The Fender system in the VW Golf sounds pretty good.

I haven't heard any of the B&O systems but I'd like to.


----------



## oabeieo (Feb 22, 2015)

I just listened to a JBL synthesis system in a new sequoia 
It was awesome. Image in center .


----------



## TheTodd (Feb 11, 2016)

gu9cci said:


> Burmester Mercedes S class


I will 2nd this. I work for MB and that system sounds wonderful. At least tonally... I haven't had the opportunity to really get any good seat-time with some discs to say how it stages, however.


----------



## GeoGeek (Mar 16, 2010)

2016 Audi TT with the B&O system.....the first factory radio I haven't wanted to make changes to immediately. Up-front bass, clean & smooth mid & highs. Very low distortion at moderate to high volume levels. 
This is one car where I can say that the upgrade to the "premium" stereo (the Bang & Olufsen) is actually worth the price....I can't see getting a better result by spending the price difference on aftermarket gear.

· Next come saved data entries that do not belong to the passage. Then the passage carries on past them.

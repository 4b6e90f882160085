-- ===== src/Core/Awb/Internal.antt =====
-- internal/core/awb/awb.go: the internal identifier, "DF-<year>-<base32 of five random bytes>".
use dashfetchr.Base.{Bytes, ℕ, zero, suc, ◌+◌, ◌*◌, ◌/◌, ◌%◌, [], ◌∷◌, ltb, if◌then◌else◌}
use dashfetchr.Base.Time.{Time, year}
use dashfetchr.Core.Errors.{Result, ok, ◌>>=◌}

-- The `[5]byte` that `rand.Read` fills.
pub record Entropy : Type 0 where
  pub b0 : ℕ
  pub b1 : ℕ
  pub b2 : ℕ
  pub b3 : ℕ
  pub b4 : ℕ

-- A digit of `base32.StdEncoding`: A to Z, then 2 to 7.
unfoldable pub base32_digit : ℕ → ℕ
base32_digit n = if ltb n 26 then n + 65 else n + 24

-- The last `k` base-32 digits of `n`, before `rest`.
unfoldable pub base32_digits : ℕ → ℕ → Bytes → Bytes
base32_digits zero n rest = rest
base32_digits (suc k) n rest = base32_digits k (n / 32) (base32_digit (n % 32) ∷ rest)

-- The five bytes as a number, first byte first.
unfoldable pub entropy_number : Entropy → ℕ
entropy_number e = (((e.b0 * 256 + e.b1) * 256 + e.b2) * 256 + e.b3) * 256 + e.b4

-- `EncodeToString` of five bytes: eight digits, so that there is no padding to trim.
unfoldable pub encode_entropy : Entropy → Bytes
unfolding entropy_number base32_digits base32_digit
encode_entropy e = base32_digits 8 (entropy_number e) []

-- `%d` of a number, by its last `k` decimal digits or fewer.
unfoldable pub decimal : ℕ → ℕ → Bytes → Bytes
decimal zero n rest = rest
decimal (suc k) n rest =
    let more = decimal k (n / 10) ((n % 10 + 48) ∷ rest) in
    if ltb n 10 then (n + 48) ∷ rest else more

-- `Sprintf("DF-%d-%s", ...)`. A year that an int64 of seconds reaches has at most twelve digits.
abbrev pub internal_of : Entropy → Time → Bytes
internal_of b t = b'D' ∷ b'F' ∷ b'-' ∷ decimal 12 (year t) (b'-' ∷ encode_entropy b)

unfoldable pub generate_internal_awb : Result Entropy → Time → Result Bytes
unfolding encode_entropy decimal
generate_internal_awb entropy t = do b ← entropy; ok (internal_of b t)
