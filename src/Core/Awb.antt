-- ===== src/Core/Awb.antt =====
-- internal/core/awb/awb.go: the parcel and the carriers' tracking numbers. A method on `*AWB` returns
-- the new value; `time.Now()`, `uuid.New()` and what `rand.Read` gives are arguments.
pub mod States
pub mod Internal
pub mod Encoding
pub mod Refs
pub mod Lifecycle
use dashfetchr.Base.{
  Bytes, Bool, true, false, not, ◌||◌, ◌&&◌, Option, none, some, String, List, [], ◌∷◌, ◌++◌,
  str_eq, if◌then◌else◌,
}
use dashfetchr.Base.Int64.{ℤ}
use dashfetchr.Base.Float64.{Float64, lt_f, le_f, whole}
use dashfetchr.Base.Time.{Time, utc}
use dashfetchr.Base.Uuid.{Uuid}
use dashfetchr.Core.Errors.{
  Error, package_zero, package_too_heavy, package_dimension, awb_transition, Result, ok, err, ◌>>=◌,
  ◌>>◌, check,
}
use States.{State, created, allowed_transitions}
use Internal.{Entropy, generate_internal_awb}

pub data Role : Type 0 where
  first_mile mid_mile last_mile : Role

pub record ExternalRef : Type 0 where
  pub carrier : String
  pub awb : String
  pub role : Role

pub record Package : Type 0 where
  pub weight_kg : Float64
  pub length_cm : Float64
  pub width_cm : Float64
  pub height_cm : Float64
  pub declared_value_minor : ℤ
  pub declared_value_ccy : String
  pub description : String
  pub fragile : Bool

pub record Awb : Type 0 where
  pub id : Uuid
  pub internal_awb : Bytes
  pub retailer_id : Uuid
  pub customer_id : Option Uuid
  pub external_awbs : List ExternalRef
  pub pkg : Package
  pub state : State
  pub state_reason : String
  pub created_at : Time
  pub updated_at : Time

-- The loop over the three dimensions.
exceeds : List Float64 → Option Error
exceeds [] = none
exceeds (d ∷ ds) = if lt_f (whole 100) d then some package_dimension else exceeds ds

unfoldable pub validate_package : Package → Option Error
unfolding exceeds
validate_package p =
    if le_f p.weight_kg (whole 0)
    then some package_zero
    else if lt_f (whole 50) p.weight_kg
    then some package_too_heavy
    else exceeds (p.length_cm ∷ p.width_cm ∷ p.height_cm ∷ [])

-- The struct that `New` returns.
abbrev pub initial : Uuid → Bytes → Time → Uuid → Package → Awb
initial id internal now retailer_id pkg = record {
  id = id;
  internal_awb = internal;
  retailer_id = retailer_id;
  customer_id = none;
  external_awbs = [];
  pkg = pkg;
  state = created;
  state_reason = "";
  created_at = now;
  updated_at = now;
}

unfoldable pub new :
    (id : Uuid) (now : Time) (entropy : Result Entropy) (retailer_id : Uuid) (pkg : Package)
    → Result Awb
new id now entropy retailer_id pkg = do
  check (validate_package pkg)
  internal ← generate_internal_awb entropy (utc now)
  ok (initial id internal (utc now) retailer_id pkg)

-- Whether the loop of `AttachExternal` returns early.
unfoldable pub is_attached : String → String → List ExternalRef → Bool
is_attached carrier awb [] = false
is_attached carrier awb (r ∷ rs) =
    str_eq r.carrier carrier && str_eq r.awb awb || is_attached carrier awb rs

unfoldable pub attach_external : (carrier external_awb : String) → Role → Time → Awb → Awb
attach_external carrier external_awb role now a =
    if is_attached carrier external_awb a.external_awbs then a else record a {
      external_awbs =
          a.external_awbs ++ record { carrier = carrier; awb = external_awb; role = role } ∷ [];
      updated_at = utc now;
    }

unfoldable pub find_external : String → List ExternalRef → Option ExternalRef
find_external carrier [] = none
find_external carrier (r ∷ rs) =
    if str_eq r.carrier carrier then some r else find_external carrier rs

unfoldable pub transition : State → String → Time → Awb → Awb × Option Error
transition to reason now a =
    if not (allowed_transitions a.state to)
    then (a, some (awb_transition a.state to))
    else (record a { state = to; state_reason = reason; updated_at = utc now }, none)
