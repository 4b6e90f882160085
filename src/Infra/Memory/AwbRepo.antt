-- ===== src/Infra/Memory/AwbRepo.antt =====
-- internal/infra/memory/awb_repo.go: parcels by identifier, with an index by internal AWB.
use dashfetchr.Base.{
  Bytes, bytes_eq, bytes_eq_refl, bytes_eq→eq, true, Option, none, some, ◌≡◌, ◌≢◌, ◌↔◌, arith,
  if◌then◌else◌, ◌==◌, [], Option-cases, inl, inr, ◌∙◌, Bool-cases,
}
use dashfetchr.Base.Uuid.{Uuid}
use dashfetchr.Base.Maps.{Map, Eq, lookup, insert, nat_eq, lookup-insert, lookup-insert_self}
use dashfetchr.Core.Errors.{not_found, Result, ok, err}
use dashfetchr.Core.Awb.{Awb}

pub bytes_iff : (xs ys : Bytes) → (bytes_eq xs ys ≡ true) ↔ (xs ≡ ys)
bytes_iff xs ys = (bytes_eq→eq xs ys, λ h. rw h (bytes_eq_refl ys))

instance abbrev pub bytes_key : Eq Bytes
bytes_key = record { beq = bytes_eq; beq_iff = bytes_iff }

pub record AwbRepo : Type 0 where
  pub by_id : Map Uuid Awb
  pub by_awb : Map Bytes Uuid

abbrev pub new : AwbRepo
new = record { by_id = []; by_awb = [] }

-- `Save` of a parcel that is there; a nil pointer has no model.
unfoldable pub save : Awb → AwbRepo → AwbRepo
save a r = record { by_id = insert a.id a r.by_id; by_awb = insert a.internal_awb a.id r.by_awb }

-- `panic` is the nil dereference in `cloneAWB` of a parcel that the index names and the map lacks.
pub data Lookup : Type 0 where
  returns : Result Awb → Lookup
  panic : Lookup

or_missing : Option Awb → Result Awb
or_missing none = err not_found
or_missing (some a) = ok a

unfoldable pub get_by_id : Uuid → AwbRepo → Result Awb
unfolding or_missing
get_by_id id r = or_missing (lookup id r.by_id)

dereference : Option Awb → Lookup
dereference none = panic
dereference (some a) = returns (ok a)

through : Option Uuid → AwbRepo → Lookup
unfolding dereference
through none r = returns (err not_found)
through (some id) r = dereference (lookup id r.by_id)

unfoldable pub get_by_internal_awb : Bytes → AwbRepo → Lookup
unfolding through
get_by_internal_awb internal r = through (lookup internal r.by_awb) r

-- The index names only parcels that are there.
pub record IsIndexed (r : AwbRepo) : Type 0 where
  pub there :
      (internal : Bytes) (id : Uuid)
      → lookup internal r.by_awb ≡ some id
      → (a : Awb) × (lookup id r.by_id ≡ some a)

pub new-IsIndexed : IsIndexed new
unfolding lookup
new-IsIndexed = record { there = λ internal id h. absurd (ground arith) }

present :
    (a : Awb) (r : AwbRepo) (id : Uuid) {b : Awb}
    → lookup id r.by_id ≡ some b
    → (c : Awb) × (lookup id (save a r).by_id ≡ some c)
unfolding save
present a r id {b} h = elim (Bool-cases (a.id == id)) [
  | inl same ↦ (a, lookup-insert a.id id a r.by_id ∙ (rw same))
  | inr other ↦ (b, lookup-insert a.id id a r.by_id ∙ (rw other h))
]

index-save :
    (a : Awb) (r : AwbRepo) (internal : Bytes)
    → lookup internal (save a r).by_awb
      ≡ (if bytes_eq a.internal_awb internal then some a.id else lookup internal r.by_awb)
unfolding save
index-save a r internal = lookup-insert a.internal_awb internal a.id r.by_awb

own : (a : Awb) (r : AwbRepo) → lookup a.id (save a r).by_id ≡ some a
unfolding save
own a r = lookup-insert_self a.id a r.by_id

save_there :
    (a : Awb) (r : AwbRepo)
    → IsIndexed r
    → (internal : Bytes) (id : Uuid) → lookup internal (save a r).by_awb ≡ some id
    → (c : Awb) × (lookup id (save a r).by_id ≡ some c)
save_there a r ix internal id h = elim (Bool-cases (bytes_eq a.internal_awb internal)) [
  | inl same ↦
      let here : a.id ≡ id = ground (arith, index-save a r internal) in (a, rw (← here) (own a r))
  | inr other ↦
      let (b, k) = ix.there internal id (ground (arith, index-save a r internal)) in
      present a r id k
]

-- `Save` keeps the index.
pub save-IsIndexed : (a : Awb) (r : AwbRepo) → IsIndexed r → IsIndexed (save a r)
save-IsIndexed a r ix = record { there = save_there a r ix }

-- On an indexed store `GetByInternalAWB` never dereferences nil.
pub get_by_internal_awb-ne-panic :
    (internal : Bytes) (r : AwbRepo) → IsIndexed r → get_by_internal_awb internal r ≢ panic
unfolding get_by_internal_awb
get_by_internal_awb-ne-panic internal r ix = elim (Option-cases (lookup internal r.by_awb)) [
  | inl n ↦ λ p. ground arith
  | inr (id, l) ↦ let (a, k) = ix.there internal id l in λ p. ground arith
]

-- A parcel that was saved is found by its identifier and by its internal AWB.
pub get-save :
    (a : Awb) (r : AwbRepo)
    → (get_by_id a.id (save a r) ≡ ok a)
      × (get_by_internal_awb a.internal_awb (save a r) ≡ returns (ok a))
unfolding get_by_id get_by_internal_awb save
get-save a r = (
  rw (lookup-insert_self a.id a r.by_id),
  rw (lookup-insert_self a.internal_awb a.id r.by_awb, lookup-insert_self a.id a r.by_id),
)
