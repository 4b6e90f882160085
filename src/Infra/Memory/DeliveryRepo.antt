-- ===== src/Infra/Memory/DeliveryRepo.antt =====
-- internal/infra/memory/delivery_repo.go: deliveries by identifier, with an index by parcel. Values are
-- cloned on both ways, so that a store shares nothing with its clients. `order` is the order in which
-- `range` visits `byID`.
pub mod Lookups
pub mod Listing
pub mod Index
use dashfetchr.Base.{
  ℕ, Bool, true, false, ◌&&◌, ◌||◌, Option, none, some, ◌≡◌, refl, sym, ◌∙◌, ap, String, List, [],
  ◌∷◌, ◌++◌, arith, if◌then◌else◌, ◌==◌, ==_iff, leb, length, str_eq, ◌≤◌, ◌<◌, All, Bool-cases,
  Option-cases, inl, inr, length-append, ◌⊎◌,
}
use dashfetchr.Base.Int64.{ℤ, pos, pos_part, ltb_ℤ}
use dashfetchr.Base.Uuid.{Uuid}
use dashfetchr.Base.Maps.{Map, lookup, insert, or_nil, nat_eq, lookup-insert, IsOrder}
use dashfetchr.Core.Errors.{Error, not_found, Result, ok, err}
use dashfetchr.Core.Delivery.States.{State, same_state, same_state_iff}
use dashfetchr.Core.Delivery.{Delivery}

pub record DeliveryRepo : Type 0 where
  pub by_id : Map Uuid Delivery
  pub by_awb : Map Uuid (List Uuid)

abbrev pub new : DeliveryRepo
new = record { by_id = []; by_awb = [] }

-- The loop that sets `found`.
unfoldable pub has_id : Uuid → List Uuid → Bool
has_id id [] = false
has_id id (j ∷ js) = j == id || has_id id js

-- `Save` of a delivery that is there; a nil pointer has no model.
unfoldable pub save : Delivery → DeliveryRepo → DeliveryRepo
unfolding has_id
save d r =
    let ids = or_nil (lookup d.awb_id r.by_awb) in
    record {
      by_id = insert d.id d r.by_id;
      by_awb = if has_id d.id ids then r.by_awb else insert d.awb_id (ids ++ d.id ∷ []) r.by_awb;
    }

or_missing : Option Delivery → Result Delivery
or_missing none = err not_found
or_missing (some d) = ok d

unfoldable pub get_by_id : Uuid → DeliveryRepo → Result Delivery
unfolding or_missing
get_by_id id r = or_missing (lookup id r.by_id)

-- The loop of `ListByAWB`; an identifier that is not there is passed over.
listed : Map Uuid Delivery → List Uuid → List Delivery
listed m [] = []
listed m (id ∷ ids) =
    let rest = listed m ids in elim (lookup id m) [ none ↦ rest | some d ↦ d ∷ rest ]

unfoldable pub list_by_awb : Uuid → DeliveryRepo → List Delivery
unfolding listed
list_by_awb awb_id r = listed r.by_id (or_nil (lookup awb_id r.by_awb))

abbrev pub is_carried_as : String → String → Delivery → Bool
is_carried_as carrier_id external_id d =
    str_eq d.carrier_id carrier_id && str_eq d.carrier_external_id external_id

unfoldable pub first_carried : String → String → Map Uuid Delivery → Result Delivery
first_carried carrier_id external_id [] = err not_found
first_carried carrier_id external_id ((id, d) ∷ m) =
    if is_carried_as carrier_id external_id d then ok d else first_carried carrier_id external_id m

-- The loop of `ListByState`, with what it has collected.
collect : State → ℕ → List Delivery → Map Uuid Delivery → List Delivery
collect state limit out [] = out
collect state limit out ((id, d) ∷ m) =
    let stop = out ++ d ∷ [] in
    let more = collect state limit stop m in
    let skip = collect state limit out m in
    if same_state d.state state then if leb limit (length stop) then stop else more else skip

-- `if limit <= 0 { limit = 50 }`
abbrev pub limit_of : ℤ → ℕ
limit_of limit = if ltb_ℤ (pos 0) limit then pos_part limit else 50

module _ (order : Map Uuid Delivery → Map Uuid Delivery) where
  unfoldable pub get_by_carrier_external_id : String → String → DeliveryRepo → Result Delivery
  unfolding first_carried
  get_by_carrier_external_id carrier_id external_id r =
      first_carried carrier_id external_id (order r.by_id)

  unfoldable pub list_by_state : State → ℤ → DeliveryRepo → List Delivery
  unfolding collect
  list_by_state state limit r = collect state (limit_of limit) [] (order r.by_id)
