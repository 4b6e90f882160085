-- ===== src/Routing/Strategy.antt =====
-- internal/core/routing/strategy.go: the strategies that minimise one number, price or ETA. `Reasoning` holds
-- what the message prints.
use dashfetchr.Base.{
  ℕ, zero, suc, ◌+◌, ◌*◌, ◌/◌, ◌%◌, ◌^◌, Bool, ◌||◌, ◌&&◌, Option, none, some, String, List, [],
  ◌∷◌, ltb, ◌==◌, if◌then◌else◌,
}
use dashfetchr.Base.Int64.{ℤ, pos, negsuc, ltb_ℤ, int64, ◌-ℤ◌}
use dashfetchr.Base.Float64.{Float64, finite}
use dashfetchr.Core.Errors.{Error, no_available_candidate, Result, ok, err}
use dashfetchr.Ports.Carrier.{Carrier, Estimate, ShipmentRequest}

pub record Candidate : Type 0 where
  pub carrier : Carrier
  pub estimate : Estimate
  pub available : Bool
  pub error : Option Error

pub data Reasoning : Type 0 where
  cheapest_at : ℤ → String → Reasoning
  fastest_eta : ℤ → Reasoning
  weighted_score : (cost eta : ℤ) → (confidence score : Float64) → Reasoning

pub record Selection : Type 0 where
  pub carrier : Carrier
  pub score : Float64
  pub reasoning : Reasoning

pub record Strategy : Type 0 where
  pub name : String
  pub select : ShipmentRequest → List Candidate → Result Selection

-- How often a number is halved until it has at most 53 bits; an int64 needs eleven at most.
halvings : ℕ → ℕ → ℕ
halvings zero n = 0
halvings (suc fuel) n = let more = suc (halvings fuel (n / 2)) in if ltb n (2 ^ 53) then 0 else more

-- The nearest number with `53` bits, ties to even, where the last `s` bits of `n` are dropped.
rounded : ℕ → ℕ → ℕ
rounded zero n = n
rounded (suc s) n =
    let low = n % 2 ^ suc s in
    let high = n / 2 ^ suc s in
    if ltb (2 ^ s) low || (low == 2 ^ s && high % 2 == 1)
    then (high + 1) * 2 ^ suc s
    else high * 2 ^ suc s

-- float64(v) for an int64 v.
unfoldable pub float_of_int : ℤ → Float64
unfolding halvings rounded
float_of_int (pos n) = finite (pos (rounded (halvings 11 n) n * 2 ^ 1074))
float_of_int (negsuc n) = finite (pos 0 -ℤ pos (rounded (halvings 11 (suc n)) (suc n) * 2 ^ 1074))

-- -v in int64
abbrev negate : ℤ → ℤ
negate v = int64 (pos 0 -ℤ v)

-- The loop over the candidates: the first of those that are available and have the least key.
unfoldable pub best_from : (Candidate → ℤ) → Option Candidate → List Candidate → Option Candidate
best_from key best [] = best
best_from key none (c ∷ cs) = best_from key (if c.available then some c else none) cs
best_from key (some b) (c ∷ cs) =
    best_from key (if c.available && ltb_ℤ (key c) (key b) then some c else some b) cs

abbrev pub cost_of : Candidate → ℤ
cost_of c = c.estimate.cost.minor

abbrev pub eta_of : Candidate → ℤ
eta_of c = c.estimate.estimated_eta

selected : Option Candidate → (Candidate → Selection) → Result Selection
selected none f = err no_available_candidate
selected (some c) f = ok (f c)

pub cheapest_selection : Candidate → Selection
unfolding float_of_int
cheapest_selection c = record {
  carrier = c.carrier;
  score = float_of_int (negate (cost_of c));
  reasoning = cheapest_at (cost_of c) c.estimate.cost.currency;
}

pub fastest_selection : Candidate → Selection
unfolding float_of_int
fastest_selection c = record {
  carrier = c.carrier;
  score = float_of_int (negate (eta_of c));
  reasoning = fastest_eta (eta_of c);
}

unfoldable pub select_cheapest : ShipmentRequest → List Candidate → Result Selection
unfolding best_from selected cheapest_selection
select_cheapest req cs = selected (best_from cost_of none cs) cheapest_selection

unfoldable pub select_fastest : ShipmentRequest → List Candidate → Result Selection
unfolding best_from selected fastest_selection
select_fastest req cs = selected (best_from eta_of none cs) fastest_selection

abbrev pub cheapest_strategy : Strategy
cheapest_strategy = record { name = "cheapest"; select = select_cheapest }

abbrev pub fastest_strategy : Strategy
fastest_strategy = record { name = "fastest"; select = select_fastest }
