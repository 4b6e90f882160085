-- ===== src/Routing/Dimensions.antt =====
-- internal/core/routing/engine.go: exceedsDims and sortDesc.
use dashfetchr.Base.{Bool, ◌||◌, if◌then◌else◌}
use dashfetchr.Base.Float64.{lt_f}
use dashfetchr.Ports.Carrier.{Package, Dimensions}

-- The swaps of the two nested loops, in their order: (0,1), (0,2), (1,2).
abbrev swap01 : Dimensions → Dimensions
swap01 a = if lt_f a.d0 a.d1 then record { d0 = a.d1; d1 = a.d0; d2 = a.d2 } else a

abbrev swap02 : Dimensions → Dimensions
swap02 a = if lt_f a.d0 a.d2 then record { d0 = a.d2; d1 = a.d1; d2 = a.d0 } else a

abbrev swap12 : Dimensions → Dimensions
swap12 a = if lt_f a.d1 a.d2 then record { d0 = a.d0; d1 = a.d2; d2 = a.d1 } else a

unfoldable pub sort_desc : Dimensions → Dimensions
sort_desc a = swap12 (swap02 (swap01 a))

unfoldable pub exceeds_dims : Package → Dimensions → Bool
unfolding sort_desc
exceeds_dims p max =
    let dims = sort_desc (record { d0 = p.length_cm; d1 = p.width_cm; d2 = p.height_cm }) in
    let maxs = sort_desc max in lt_f maxs.d0 dims.d0 || lt_f maxs.d1 dims.d1 || lt_f maxs.d2 dims.d2
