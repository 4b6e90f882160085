-- ===== src/Routing/Engine.antt =====
-- internal/core/routing/engine.go: the carriers that may take a shipment, and the decision among them.
-- `registered` is what `registry.ListByRole(role)` returns, and `now` what the clock reads.
use dashfetchr.Base.{
  Bool, true, false, not, ◌||◌, ◌&&◌, none, some, String, List, [], ◌∷◌, if◌then◌else◌,
}
use dashfetchr.Base.Int64.{pos}
use dashfetchr.Base.Float64.{Float64, lt_f, whole}
use dashfetchr.Base.Time.{Time, utc}
use dashfetchr.Core.Errors.{no_eligible_carrier, Result, ok, err, ◌>>=◌}
use dashfetchr.Ports.Carrier.{
  Carrier, Capabilities, CarrierRole, PickupMode, locker, same_role, same_mode, Estimate,
  EstimateRequest, ShipmentRequest,
}
use dashfetchr.Routing.Dimensions.{exceeds_dims}
use dashfetchr.Routing.Strategy.{Candidate, Selection, Strategy, Reasoning}

unfoldable pub has_role : List CarrierRole → CarrierRole → Bool
has_role [] want = false
has_role (r ∷ rs) want = same_role r want || has_role rs want

has_mode : List PickupMode → PickupMode → Bool
has_mode [] t = false
has_mode (m ∷ ms) t = same_mode m t || has_mode ms t

unfoldable pub supports_pickup : Capabilities → PickupMode → Bool
unfolding has_mode
supports_pickup caps t = has_mode caps.pickup_modes t

-- The guards of the loop, in their order; the zone check is not in the code either.
unfoldable pub is_skipped : ShipmentRequest → CarrierRole → Capabilities → Bool
is_skipped req role caps =
    if not (has_role caps.roles role)
    then true
    else if lt_f caps.max_weight_kg req.pkg.weight_kg
    then true
    else if exceeds_dims req.pkg caps.max_dimensions_cm
    then true
    else if not (supports_pickup caps req.pickup.type)
    then true
    else if same_mode req.pickup.type locker && not caps.supports_locker
    then true
    else false

unfoldable pub eligible : ShipmentRequest → CarrierRole → List Carrier → List Carrier
eligible req role [] = []
eligible req role (c ∷ cs) =
    let rest = eligible req role cs in if is_skipped req role c.capabilities then rest else c ∷ rest

abbrev pub estimate_request : ShipmentRequest → EstimateRequest
estimate_request req = record {
  pickup = req.pickup;
  drop = req.drop;
  pkg = req.pkg;
  when = req.scheduled_start;
}

-- The zero value of `Estimate`.
abbrev pub no_estimate : Estimate
no_estimate = record {
  cost = record { currency = ""; minor = pos 0 };
  estimated_eta = pos 0;
  window_start_at = none;
  window_end_at = none;
  confidence_score = whole 0;
}

abbrev pub candidate_of : Carrier → Result Estimate → Candidate
candidate_of c (ok est) = record { carrier = c; estimate = est; available = true; error = none }
candidate_of c (err e) = record {
  carrier = c;
  estimate = no_estimate;
  available = false;
  error = some e;
}

unfoldable pub score_all : ShipmentRequest → List Carrier → List Candidate
score_all req [] = []
score_all req (c ∷ cs) = candidate_of c (c.get_estimate (estimate_request req)) ∷ score_all req cs

pub record Decision : Type 0 where
  pub strategy : String
  pub chosen : Carrier
  pub score : Float64
  pub reasoning : Reasoning
  pub candidates : List Candidate
  pub decided_at : Time

-- The struct that `Decide` returns.
abbrev pub decision : Strategy → Time → List Candidate → Selection → Decision
decision strategy now scored sel = record {
  strategy = strategy.name;
  chosen = sel.carrier;
  score = sel.score;
  reasoning = sel.reasoning;
  candidates = scored;
  decided_at = utc now;
}

unfoldable pub decide_among : Strategy → Time → ShipmentRequest → List Carrier → Result Decision
decide_among strategy now req [] = err no_eligible_carrier
decide_among strategy now req (c ∷ cs) = do
  let scored = score_all req (c ∷ cs)
  sel ← strategy.select req scored
  ok (decision strategy now scored sel)

unfoldable pub decide_route :
    Strategy → Time → ShipmentRequest → CarrierRole → List Carrier → Result Decision
unfolding decide_among
decide_route strategy now req role registered =
    decide_among strategy now req (eligible req role registered)
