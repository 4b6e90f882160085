-- ===== src/Core/Custody.antt =====
-- internal/core/custody/event.go: custody events, the policy on photos and locations, and `Validate`.
pub mod Policy
pub mod Hashing
pub mod Ledger
pub mod Chain
pub mod Recording
pub mod Tampering
use dashfetchr.Base.{
  ℕ, ◌==◌, Bytes, Bool, true, false, ◌&&◌, Option, none, some, String, List, [], ◌∷◌, str_eq,
  if◌then◌else◌,
}
use dashfetchr.Base.Int64.{ℤ}
use dashfetchr.Base.Float64.{Float64}
use dashfetchr.Base.Time.{Time, is_zero}
use dashfetchr.Base.Uuid.{Uuid, uuid_nil}
use dashfetchr.Core.Errors.{Error, invalid_event, photo_required, gps_required}

-- `other` is any string that is none of the constants: the HTTP handler takes the type from a client.
pub data EventType : Type 0 where
  package_dropped_at_locker pickup_requested_by_customer rider_assigned : EventType
  rider_arrived_at_locker package_picked_up rider_in_transit : EventType
  rider_arrived_at_destination package_delivered delivery_failed : EventType
  package_returned_to_locker : EventType
  other : String → EventType

pub record Actor : Type 0 where
  pub type : String
  pub carrier_id : String
  pub id : String
  pub name : String

pub record GeoPoint : Type 0 where
  pub lat : Float64
  pub lng : Float64
  pub accuracy_m : Float64
  pub altitude : Float64
  pub heading : Float64

pub record PhotoRef : Type 0 where
  pub s3_uri : String
  pub sha256 : String
  pub content_type : String
  pub width : ℤ
  pub height : ℤ
  pub exif_gps : Option GeoPoint

pub record SignatureRef : Type 0 where
  pub s3_uri : String
  pub sha256 : String

pub record Event : Type 0 where
  pub event_id : Uuid
  pub delivery_id : Uuid
  pub sequence_num : ℤ
  pub type : EventType
  pub occurred_at : Time
  pub carrier_time : Option Time
  pub actor : Actor
  pub location : Option GeoPoint
  pub photos : List PhotoRef
  pub signature : Option SignatureRef
  pub reason : String
  pub metadata : Bytes
  pub prev_hash : Bytes
  pub hash : Bytes

unfoldable pub requires_photo : EventType → Bool
requires_photo rider_arrived_at_locker = true
requires_photo package_picked_up = true
requires_photo package_delivered = true
requires_photo delivery_failed = true
requires_photo package_returned_to_locker = true
requires_photo _ = false

unfoldable pub requires_gps : EventType → Bool
requires_gps rider_arrived_at_locker = true
requires_gps package_picked_up = true
requires_gps rider_in_transit = true
requires_gps rider_arrived_at_destination = true
requires_gps package_delivered = true
requires_gps delivery_failed = true
requires_gps package_returned_to_locker = true
requires_gps _ = false

-- `e.Type == ""`
abbrev pub is_blank : EventType → Bool
is_blank (other s) = str_eq s ""
is_blank _ = false

abbrev pub is_empty {ℓ} : {A : Type ℓ} → List A → Bool
is_empty [] = true
is_empty (x ∷ xs) = false

abbrev pub is_none {ℓ} : {A : Type ℓ} → Option A → Bool
is_none none = true
is_none (some a) = false

-- `none` is the nil error.
unfoldable pub validate : Event → Option Error
unfolding requires_photo requires_gps
validate e =
    if is_blank e.type
    then some invalid_event
    else if e.delivery_id == uuid_nil
    then some invalid_event
    else if is_zero e.occurred_at
    then some invalid_event
    else if requires_photo e.type && is_empty e.photos
    then some photo_required
    else if requires_gps e.type && is_none e.location
    then some gps_required
    else none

I'm also a fan of the Mark Levinson systems in some of the Lexus vehicles.


----------



## USP45 (Mar 20, 2016)

My father has a 2014 Mercedes CLS 550 with the "normal" stereo system in it, not even the upgraded and it sounds pretty darn good. Everything blends well and imaging is not bad after you tune it a bit. I certainly would not be looking to make a lot of changes as the return would not be enough of a gain for the time/investment.


----------



## slowhatch (Nov 29, 2014)

I was a Rolls/Bentley tech for quite a few years and had a chance to listen to most all of the higher end cars out there. The ones that stood out for me were some of the S class MB and the Phantoms were pretty good. The Mulsanne wasn't terrible but the rear sunshade would rattle on them with heavy bass, it was good otherwise. The Naim system in the continentals always seemed like a let down to me, especially for the price. It was marginally better then the standard system. I never heard anything decent from a Ferrari or Lamborghini, a few Audie's were nice and some 7 series. The Maybach was pretty good too.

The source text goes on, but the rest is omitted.